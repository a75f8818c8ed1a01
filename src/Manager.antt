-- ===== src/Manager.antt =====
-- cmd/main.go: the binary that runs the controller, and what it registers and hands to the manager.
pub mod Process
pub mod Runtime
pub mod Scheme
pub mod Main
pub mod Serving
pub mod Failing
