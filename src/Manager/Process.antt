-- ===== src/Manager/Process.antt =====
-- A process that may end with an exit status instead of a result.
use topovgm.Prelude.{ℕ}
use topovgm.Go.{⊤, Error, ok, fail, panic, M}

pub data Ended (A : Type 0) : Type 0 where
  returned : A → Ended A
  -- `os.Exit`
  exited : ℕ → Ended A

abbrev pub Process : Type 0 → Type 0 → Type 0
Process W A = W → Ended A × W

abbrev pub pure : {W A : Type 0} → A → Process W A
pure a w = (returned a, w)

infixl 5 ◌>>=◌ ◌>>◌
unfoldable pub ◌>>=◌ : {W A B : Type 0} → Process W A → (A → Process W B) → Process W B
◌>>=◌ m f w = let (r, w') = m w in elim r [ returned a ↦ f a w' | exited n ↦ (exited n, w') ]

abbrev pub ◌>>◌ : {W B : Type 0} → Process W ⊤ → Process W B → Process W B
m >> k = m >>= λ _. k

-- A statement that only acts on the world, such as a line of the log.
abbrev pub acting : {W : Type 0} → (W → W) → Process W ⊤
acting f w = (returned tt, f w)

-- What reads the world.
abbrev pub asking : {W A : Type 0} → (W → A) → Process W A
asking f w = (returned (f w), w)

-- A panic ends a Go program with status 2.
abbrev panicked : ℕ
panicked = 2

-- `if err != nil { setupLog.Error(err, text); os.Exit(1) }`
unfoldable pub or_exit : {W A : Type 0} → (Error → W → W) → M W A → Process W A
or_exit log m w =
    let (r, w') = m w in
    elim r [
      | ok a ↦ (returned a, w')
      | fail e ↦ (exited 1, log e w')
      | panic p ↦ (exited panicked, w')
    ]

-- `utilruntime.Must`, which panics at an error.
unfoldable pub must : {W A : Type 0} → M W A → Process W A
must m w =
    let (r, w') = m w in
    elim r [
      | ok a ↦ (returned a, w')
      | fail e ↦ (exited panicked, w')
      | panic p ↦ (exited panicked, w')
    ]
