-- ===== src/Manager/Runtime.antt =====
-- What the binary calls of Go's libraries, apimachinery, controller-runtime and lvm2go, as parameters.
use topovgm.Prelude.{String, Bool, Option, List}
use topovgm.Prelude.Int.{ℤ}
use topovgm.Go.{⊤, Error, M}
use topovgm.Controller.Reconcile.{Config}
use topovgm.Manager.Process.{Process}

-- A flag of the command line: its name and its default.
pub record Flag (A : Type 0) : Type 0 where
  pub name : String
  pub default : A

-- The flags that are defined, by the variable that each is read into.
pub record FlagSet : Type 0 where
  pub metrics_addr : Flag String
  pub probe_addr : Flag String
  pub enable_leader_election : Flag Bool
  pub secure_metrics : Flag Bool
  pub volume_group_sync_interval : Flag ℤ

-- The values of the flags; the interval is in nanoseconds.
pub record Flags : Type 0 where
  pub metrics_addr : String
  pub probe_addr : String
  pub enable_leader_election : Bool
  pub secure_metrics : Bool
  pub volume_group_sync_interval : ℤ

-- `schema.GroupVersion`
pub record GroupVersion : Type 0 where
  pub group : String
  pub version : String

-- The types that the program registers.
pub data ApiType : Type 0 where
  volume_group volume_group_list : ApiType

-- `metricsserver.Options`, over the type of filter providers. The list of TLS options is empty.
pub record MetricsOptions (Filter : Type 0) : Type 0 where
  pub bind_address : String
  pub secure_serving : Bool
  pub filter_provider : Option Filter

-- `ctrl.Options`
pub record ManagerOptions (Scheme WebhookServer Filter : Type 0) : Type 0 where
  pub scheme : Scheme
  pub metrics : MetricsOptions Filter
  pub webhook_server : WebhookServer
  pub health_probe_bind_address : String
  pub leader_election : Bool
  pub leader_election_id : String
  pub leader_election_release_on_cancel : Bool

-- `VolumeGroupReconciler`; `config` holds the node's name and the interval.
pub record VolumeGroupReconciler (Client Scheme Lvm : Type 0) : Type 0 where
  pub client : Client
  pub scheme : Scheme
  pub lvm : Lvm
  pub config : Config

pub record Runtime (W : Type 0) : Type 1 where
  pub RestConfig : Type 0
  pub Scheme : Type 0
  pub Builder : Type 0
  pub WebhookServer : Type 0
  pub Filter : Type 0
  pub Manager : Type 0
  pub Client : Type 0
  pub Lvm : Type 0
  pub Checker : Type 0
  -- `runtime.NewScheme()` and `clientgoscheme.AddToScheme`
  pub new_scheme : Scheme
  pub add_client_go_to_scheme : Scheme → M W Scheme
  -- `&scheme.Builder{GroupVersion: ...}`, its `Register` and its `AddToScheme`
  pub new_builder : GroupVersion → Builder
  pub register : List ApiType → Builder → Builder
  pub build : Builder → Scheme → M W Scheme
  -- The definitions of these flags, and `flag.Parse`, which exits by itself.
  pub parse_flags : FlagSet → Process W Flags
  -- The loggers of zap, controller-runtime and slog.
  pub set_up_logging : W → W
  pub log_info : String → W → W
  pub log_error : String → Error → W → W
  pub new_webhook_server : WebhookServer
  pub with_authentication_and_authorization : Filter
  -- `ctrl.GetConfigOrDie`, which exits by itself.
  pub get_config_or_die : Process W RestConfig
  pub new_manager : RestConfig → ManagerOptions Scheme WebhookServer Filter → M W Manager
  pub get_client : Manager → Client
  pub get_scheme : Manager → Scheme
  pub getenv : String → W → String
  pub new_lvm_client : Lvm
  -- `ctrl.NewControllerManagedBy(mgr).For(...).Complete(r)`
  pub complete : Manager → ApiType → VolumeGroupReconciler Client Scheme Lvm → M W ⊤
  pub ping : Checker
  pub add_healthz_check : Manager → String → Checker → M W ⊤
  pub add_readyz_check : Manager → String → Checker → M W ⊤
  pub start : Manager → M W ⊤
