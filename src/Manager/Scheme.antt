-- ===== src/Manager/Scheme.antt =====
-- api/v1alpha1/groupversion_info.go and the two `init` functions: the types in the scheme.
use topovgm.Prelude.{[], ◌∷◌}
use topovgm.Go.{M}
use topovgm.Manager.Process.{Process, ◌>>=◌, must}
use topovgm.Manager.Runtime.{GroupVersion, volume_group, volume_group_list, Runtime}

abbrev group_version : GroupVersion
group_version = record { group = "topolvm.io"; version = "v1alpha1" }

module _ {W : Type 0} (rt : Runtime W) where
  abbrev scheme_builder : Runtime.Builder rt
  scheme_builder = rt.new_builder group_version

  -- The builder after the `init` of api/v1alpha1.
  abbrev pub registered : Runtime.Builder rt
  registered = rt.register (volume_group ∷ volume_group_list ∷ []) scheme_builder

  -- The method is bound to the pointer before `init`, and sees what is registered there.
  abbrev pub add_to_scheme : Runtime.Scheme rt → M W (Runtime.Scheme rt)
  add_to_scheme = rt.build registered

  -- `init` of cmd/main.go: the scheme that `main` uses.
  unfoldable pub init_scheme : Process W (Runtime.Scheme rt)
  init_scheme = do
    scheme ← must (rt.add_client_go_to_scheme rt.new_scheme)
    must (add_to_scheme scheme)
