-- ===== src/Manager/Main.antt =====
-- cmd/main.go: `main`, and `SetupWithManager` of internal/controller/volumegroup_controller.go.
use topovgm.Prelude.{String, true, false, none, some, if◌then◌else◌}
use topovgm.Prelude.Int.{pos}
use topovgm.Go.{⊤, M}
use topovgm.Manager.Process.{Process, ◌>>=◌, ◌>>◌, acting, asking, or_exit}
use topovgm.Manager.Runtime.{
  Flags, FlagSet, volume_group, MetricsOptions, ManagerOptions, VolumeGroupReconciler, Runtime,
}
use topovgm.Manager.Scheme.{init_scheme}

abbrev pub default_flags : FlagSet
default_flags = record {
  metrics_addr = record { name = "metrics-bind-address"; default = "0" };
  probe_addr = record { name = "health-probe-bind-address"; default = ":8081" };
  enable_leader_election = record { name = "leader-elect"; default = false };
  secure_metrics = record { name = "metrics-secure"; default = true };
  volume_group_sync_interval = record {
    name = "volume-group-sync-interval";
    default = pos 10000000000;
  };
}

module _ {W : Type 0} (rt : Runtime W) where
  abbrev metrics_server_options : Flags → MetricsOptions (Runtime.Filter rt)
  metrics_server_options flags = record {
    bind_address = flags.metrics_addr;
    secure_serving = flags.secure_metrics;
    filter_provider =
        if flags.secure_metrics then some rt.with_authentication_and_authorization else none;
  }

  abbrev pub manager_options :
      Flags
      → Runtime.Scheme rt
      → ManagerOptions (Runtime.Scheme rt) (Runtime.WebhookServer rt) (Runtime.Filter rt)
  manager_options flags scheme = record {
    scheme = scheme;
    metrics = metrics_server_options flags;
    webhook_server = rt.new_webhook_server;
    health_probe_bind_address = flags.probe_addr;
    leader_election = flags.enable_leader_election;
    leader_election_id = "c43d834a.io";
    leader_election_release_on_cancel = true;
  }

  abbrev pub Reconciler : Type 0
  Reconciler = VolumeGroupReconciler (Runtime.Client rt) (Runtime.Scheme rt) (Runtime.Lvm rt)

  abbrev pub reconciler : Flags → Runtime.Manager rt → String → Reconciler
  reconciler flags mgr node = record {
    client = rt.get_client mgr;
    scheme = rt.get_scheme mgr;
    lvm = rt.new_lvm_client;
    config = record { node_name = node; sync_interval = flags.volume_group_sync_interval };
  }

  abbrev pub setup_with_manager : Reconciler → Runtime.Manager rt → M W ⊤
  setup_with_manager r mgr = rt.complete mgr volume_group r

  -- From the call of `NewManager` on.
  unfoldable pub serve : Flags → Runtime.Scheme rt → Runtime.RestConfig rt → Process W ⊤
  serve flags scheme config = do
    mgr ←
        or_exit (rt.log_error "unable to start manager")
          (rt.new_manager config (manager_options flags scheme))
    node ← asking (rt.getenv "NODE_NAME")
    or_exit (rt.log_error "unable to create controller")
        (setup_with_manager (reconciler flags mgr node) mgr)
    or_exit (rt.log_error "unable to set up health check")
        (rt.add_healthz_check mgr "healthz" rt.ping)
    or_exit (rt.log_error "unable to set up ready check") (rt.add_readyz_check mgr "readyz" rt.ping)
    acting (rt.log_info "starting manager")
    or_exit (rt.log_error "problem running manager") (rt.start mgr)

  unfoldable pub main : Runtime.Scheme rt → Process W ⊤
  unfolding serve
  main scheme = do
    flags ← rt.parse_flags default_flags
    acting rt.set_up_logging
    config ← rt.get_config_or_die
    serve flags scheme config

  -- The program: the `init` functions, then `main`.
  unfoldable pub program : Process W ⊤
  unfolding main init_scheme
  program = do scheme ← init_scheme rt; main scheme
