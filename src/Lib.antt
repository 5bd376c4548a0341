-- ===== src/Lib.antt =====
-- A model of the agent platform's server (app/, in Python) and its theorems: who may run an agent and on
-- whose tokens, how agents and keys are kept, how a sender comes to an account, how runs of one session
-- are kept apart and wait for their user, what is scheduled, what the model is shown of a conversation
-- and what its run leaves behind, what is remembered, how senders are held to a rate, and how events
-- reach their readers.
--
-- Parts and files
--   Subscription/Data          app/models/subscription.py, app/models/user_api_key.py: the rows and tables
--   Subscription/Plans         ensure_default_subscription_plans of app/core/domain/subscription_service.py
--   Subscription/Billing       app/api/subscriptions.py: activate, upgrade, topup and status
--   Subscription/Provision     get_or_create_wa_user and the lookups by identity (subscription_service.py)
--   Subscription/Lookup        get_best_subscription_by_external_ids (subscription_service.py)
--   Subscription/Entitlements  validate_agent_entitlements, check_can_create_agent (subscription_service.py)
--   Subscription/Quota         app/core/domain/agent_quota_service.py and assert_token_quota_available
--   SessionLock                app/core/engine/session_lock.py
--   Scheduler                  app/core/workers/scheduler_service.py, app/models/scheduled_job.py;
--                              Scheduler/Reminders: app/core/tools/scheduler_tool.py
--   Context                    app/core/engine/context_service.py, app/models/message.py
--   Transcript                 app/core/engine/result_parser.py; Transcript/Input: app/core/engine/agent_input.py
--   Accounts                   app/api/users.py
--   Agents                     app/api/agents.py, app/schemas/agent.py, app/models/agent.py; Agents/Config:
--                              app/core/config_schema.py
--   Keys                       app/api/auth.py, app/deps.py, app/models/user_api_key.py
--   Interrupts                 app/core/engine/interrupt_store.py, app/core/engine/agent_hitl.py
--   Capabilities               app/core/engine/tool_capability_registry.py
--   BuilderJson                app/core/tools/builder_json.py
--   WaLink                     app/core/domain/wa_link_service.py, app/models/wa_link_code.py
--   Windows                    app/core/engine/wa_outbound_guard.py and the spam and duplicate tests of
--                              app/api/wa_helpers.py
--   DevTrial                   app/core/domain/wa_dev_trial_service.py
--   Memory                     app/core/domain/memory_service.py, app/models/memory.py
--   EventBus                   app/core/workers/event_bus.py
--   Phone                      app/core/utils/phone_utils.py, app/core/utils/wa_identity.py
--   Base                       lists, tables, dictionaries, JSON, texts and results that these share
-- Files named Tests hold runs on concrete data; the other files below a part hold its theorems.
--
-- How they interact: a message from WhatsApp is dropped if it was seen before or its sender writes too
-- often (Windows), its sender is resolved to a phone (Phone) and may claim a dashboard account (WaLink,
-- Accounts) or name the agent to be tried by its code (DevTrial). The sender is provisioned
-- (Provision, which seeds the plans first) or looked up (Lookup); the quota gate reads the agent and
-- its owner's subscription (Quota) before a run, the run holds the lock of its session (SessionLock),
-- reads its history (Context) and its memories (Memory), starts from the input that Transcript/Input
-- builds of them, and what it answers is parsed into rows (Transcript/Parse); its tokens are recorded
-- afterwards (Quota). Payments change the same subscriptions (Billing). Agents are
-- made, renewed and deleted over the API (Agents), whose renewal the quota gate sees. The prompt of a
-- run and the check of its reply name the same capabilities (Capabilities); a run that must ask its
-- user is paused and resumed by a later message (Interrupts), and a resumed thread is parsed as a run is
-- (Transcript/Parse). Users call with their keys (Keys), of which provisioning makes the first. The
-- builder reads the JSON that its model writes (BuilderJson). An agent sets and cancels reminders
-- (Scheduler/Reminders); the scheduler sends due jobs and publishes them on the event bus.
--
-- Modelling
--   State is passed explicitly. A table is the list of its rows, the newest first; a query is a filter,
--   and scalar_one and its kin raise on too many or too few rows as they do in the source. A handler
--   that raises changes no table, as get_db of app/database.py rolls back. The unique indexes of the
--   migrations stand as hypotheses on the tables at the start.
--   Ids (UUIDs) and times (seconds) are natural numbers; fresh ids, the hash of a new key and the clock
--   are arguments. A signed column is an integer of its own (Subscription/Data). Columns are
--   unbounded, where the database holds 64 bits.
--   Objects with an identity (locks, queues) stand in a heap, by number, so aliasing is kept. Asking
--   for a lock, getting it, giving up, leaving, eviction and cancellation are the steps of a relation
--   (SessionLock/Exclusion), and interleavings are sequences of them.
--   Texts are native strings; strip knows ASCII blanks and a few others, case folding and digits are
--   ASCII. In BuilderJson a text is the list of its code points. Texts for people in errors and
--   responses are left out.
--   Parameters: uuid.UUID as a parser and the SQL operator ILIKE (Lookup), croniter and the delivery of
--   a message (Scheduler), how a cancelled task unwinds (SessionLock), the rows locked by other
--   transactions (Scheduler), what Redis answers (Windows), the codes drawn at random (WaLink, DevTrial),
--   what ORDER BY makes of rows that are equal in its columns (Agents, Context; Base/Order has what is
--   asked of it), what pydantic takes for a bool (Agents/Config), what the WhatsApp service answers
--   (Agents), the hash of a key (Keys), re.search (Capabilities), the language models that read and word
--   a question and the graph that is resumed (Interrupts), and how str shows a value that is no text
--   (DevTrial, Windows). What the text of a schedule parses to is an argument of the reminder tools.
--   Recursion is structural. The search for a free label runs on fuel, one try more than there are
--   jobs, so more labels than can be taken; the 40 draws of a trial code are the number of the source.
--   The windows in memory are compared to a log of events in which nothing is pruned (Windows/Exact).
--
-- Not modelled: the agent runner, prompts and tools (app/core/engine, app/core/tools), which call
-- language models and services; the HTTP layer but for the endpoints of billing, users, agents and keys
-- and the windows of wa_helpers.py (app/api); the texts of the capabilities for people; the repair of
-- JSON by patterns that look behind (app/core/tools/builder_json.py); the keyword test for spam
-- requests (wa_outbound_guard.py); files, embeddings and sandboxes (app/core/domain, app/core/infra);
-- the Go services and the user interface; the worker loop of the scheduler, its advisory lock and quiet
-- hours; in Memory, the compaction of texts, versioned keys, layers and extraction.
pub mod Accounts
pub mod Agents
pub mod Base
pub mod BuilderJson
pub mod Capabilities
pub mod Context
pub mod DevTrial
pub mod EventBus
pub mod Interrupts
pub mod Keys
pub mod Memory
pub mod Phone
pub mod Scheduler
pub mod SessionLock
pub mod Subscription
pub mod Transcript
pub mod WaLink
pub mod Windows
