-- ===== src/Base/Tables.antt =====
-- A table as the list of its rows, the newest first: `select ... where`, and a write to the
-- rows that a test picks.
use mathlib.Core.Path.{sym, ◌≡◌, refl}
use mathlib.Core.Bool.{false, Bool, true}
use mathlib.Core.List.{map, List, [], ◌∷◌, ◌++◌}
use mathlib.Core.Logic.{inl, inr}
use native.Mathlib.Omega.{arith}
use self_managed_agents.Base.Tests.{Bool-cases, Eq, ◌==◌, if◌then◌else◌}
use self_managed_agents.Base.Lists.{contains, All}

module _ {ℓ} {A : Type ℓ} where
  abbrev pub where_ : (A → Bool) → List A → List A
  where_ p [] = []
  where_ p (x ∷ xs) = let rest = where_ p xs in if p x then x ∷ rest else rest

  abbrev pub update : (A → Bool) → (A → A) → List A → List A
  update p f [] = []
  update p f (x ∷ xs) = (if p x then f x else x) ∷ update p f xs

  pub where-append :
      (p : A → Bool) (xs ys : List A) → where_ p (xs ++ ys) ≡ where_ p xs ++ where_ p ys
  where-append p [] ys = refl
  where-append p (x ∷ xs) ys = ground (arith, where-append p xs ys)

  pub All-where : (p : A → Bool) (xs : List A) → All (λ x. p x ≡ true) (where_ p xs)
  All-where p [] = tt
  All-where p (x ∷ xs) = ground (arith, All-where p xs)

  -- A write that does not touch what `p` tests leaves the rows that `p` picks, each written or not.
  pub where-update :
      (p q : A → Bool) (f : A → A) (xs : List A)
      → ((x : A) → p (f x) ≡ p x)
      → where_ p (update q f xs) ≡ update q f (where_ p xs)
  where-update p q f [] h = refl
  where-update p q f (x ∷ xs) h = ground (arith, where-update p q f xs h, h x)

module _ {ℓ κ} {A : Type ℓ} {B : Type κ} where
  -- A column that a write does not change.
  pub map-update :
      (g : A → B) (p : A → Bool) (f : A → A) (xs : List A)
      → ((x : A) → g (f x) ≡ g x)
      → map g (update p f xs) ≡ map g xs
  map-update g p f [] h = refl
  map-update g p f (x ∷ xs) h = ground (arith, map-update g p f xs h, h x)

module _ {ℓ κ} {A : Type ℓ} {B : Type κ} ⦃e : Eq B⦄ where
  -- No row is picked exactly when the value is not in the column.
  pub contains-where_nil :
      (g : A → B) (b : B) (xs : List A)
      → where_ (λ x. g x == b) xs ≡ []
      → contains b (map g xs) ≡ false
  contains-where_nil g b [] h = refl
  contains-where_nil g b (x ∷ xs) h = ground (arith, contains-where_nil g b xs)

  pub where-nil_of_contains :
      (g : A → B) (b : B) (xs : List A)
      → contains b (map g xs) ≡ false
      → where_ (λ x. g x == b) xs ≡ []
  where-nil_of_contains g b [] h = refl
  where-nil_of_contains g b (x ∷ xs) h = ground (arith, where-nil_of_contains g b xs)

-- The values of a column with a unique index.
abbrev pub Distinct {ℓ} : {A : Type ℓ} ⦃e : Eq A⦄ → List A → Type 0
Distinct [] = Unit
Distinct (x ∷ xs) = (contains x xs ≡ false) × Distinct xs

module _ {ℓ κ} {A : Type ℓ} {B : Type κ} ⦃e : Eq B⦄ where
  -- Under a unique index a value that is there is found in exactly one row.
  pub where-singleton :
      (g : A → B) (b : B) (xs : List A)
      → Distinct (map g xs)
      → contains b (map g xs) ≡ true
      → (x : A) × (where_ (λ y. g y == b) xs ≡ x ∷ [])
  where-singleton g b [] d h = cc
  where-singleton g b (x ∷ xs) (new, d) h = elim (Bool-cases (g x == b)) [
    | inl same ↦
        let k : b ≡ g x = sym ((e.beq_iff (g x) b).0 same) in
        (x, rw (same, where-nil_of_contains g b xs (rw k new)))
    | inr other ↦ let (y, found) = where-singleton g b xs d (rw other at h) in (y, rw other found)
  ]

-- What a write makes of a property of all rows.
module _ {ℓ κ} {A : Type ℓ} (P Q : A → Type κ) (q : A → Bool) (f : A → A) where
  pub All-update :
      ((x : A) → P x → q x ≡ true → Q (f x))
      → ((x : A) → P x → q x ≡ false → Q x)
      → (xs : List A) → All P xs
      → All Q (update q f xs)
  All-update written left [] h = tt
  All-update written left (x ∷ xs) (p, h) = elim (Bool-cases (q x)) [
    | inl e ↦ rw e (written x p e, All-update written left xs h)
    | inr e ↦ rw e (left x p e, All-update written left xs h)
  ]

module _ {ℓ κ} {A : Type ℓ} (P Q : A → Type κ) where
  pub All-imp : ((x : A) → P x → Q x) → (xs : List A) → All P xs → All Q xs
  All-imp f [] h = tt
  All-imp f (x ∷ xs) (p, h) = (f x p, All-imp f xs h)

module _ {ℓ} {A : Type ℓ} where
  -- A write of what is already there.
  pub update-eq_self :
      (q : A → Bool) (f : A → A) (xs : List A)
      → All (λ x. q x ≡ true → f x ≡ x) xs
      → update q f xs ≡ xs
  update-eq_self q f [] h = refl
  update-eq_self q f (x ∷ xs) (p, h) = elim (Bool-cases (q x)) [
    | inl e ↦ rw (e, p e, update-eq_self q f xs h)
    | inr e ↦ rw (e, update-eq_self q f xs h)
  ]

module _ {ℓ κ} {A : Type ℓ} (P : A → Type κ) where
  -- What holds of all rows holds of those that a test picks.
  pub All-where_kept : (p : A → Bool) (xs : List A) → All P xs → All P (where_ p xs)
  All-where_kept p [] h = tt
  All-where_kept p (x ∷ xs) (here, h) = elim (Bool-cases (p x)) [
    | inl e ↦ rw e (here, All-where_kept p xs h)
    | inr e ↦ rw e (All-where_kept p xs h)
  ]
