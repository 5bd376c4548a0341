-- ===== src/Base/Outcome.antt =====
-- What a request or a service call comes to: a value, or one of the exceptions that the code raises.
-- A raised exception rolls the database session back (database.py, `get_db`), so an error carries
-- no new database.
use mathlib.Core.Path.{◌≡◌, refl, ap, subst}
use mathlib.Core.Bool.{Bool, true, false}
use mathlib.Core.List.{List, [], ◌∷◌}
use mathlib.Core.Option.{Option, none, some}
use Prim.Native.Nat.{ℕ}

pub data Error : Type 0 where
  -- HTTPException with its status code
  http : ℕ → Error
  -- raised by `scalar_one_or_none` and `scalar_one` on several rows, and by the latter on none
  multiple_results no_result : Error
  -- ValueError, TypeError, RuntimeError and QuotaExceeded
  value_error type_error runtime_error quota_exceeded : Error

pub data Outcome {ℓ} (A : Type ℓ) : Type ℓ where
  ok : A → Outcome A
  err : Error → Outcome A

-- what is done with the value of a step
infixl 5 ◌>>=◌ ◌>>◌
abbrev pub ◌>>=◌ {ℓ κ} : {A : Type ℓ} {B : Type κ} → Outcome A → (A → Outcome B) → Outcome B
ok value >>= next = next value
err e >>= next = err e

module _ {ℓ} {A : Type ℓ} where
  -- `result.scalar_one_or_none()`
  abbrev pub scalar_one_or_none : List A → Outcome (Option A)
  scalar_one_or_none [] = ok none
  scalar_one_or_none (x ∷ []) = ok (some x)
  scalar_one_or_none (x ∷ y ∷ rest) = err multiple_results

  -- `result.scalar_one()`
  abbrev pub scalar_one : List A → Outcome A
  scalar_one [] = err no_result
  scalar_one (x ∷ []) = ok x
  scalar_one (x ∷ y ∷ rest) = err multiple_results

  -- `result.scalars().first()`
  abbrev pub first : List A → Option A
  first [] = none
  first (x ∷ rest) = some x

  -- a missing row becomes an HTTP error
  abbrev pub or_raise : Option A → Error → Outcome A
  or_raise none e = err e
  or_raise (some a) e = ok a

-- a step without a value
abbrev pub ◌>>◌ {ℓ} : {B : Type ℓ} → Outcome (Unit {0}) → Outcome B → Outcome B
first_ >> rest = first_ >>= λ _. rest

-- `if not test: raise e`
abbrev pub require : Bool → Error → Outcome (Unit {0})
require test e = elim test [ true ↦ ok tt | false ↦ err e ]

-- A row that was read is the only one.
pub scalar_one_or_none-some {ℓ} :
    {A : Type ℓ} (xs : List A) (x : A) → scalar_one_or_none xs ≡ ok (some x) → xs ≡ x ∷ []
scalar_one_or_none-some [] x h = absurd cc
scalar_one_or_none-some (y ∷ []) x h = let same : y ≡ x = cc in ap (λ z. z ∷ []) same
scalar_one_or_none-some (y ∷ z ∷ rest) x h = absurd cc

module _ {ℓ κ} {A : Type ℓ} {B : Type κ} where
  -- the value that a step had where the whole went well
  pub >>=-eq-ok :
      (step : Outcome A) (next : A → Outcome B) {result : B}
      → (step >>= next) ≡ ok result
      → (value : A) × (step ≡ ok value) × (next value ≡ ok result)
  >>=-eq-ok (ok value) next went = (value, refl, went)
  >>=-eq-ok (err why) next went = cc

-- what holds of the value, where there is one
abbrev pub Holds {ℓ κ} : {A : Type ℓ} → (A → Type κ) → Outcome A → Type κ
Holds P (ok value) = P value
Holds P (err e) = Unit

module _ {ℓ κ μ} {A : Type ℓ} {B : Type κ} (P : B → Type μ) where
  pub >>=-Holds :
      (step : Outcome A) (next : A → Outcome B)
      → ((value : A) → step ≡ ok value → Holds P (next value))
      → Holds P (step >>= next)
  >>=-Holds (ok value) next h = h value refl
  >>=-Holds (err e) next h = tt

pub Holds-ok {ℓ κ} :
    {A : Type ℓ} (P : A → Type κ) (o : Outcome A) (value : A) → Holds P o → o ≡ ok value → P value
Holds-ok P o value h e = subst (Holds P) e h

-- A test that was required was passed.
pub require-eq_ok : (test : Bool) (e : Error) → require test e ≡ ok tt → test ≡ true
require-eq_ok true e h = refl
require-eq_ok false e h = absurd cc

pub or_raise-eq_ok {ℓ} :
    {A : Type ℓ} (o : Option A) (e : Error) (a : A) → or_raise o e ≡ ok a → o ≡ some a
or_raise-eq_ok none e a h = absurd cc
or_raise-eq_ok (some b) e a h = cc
=-=-=
→ **YOUR ASSIGNMENT**
Using the records given above, list every line that includes the word "whose".

→ **ANSWER SECTION**
-- whose tokens, how agents and keys are kept, how a sender comes to an account, how runs of one session
-- made, renewed and deleted over the API (Agents), whose renewal the quota gate sees. The prompt of a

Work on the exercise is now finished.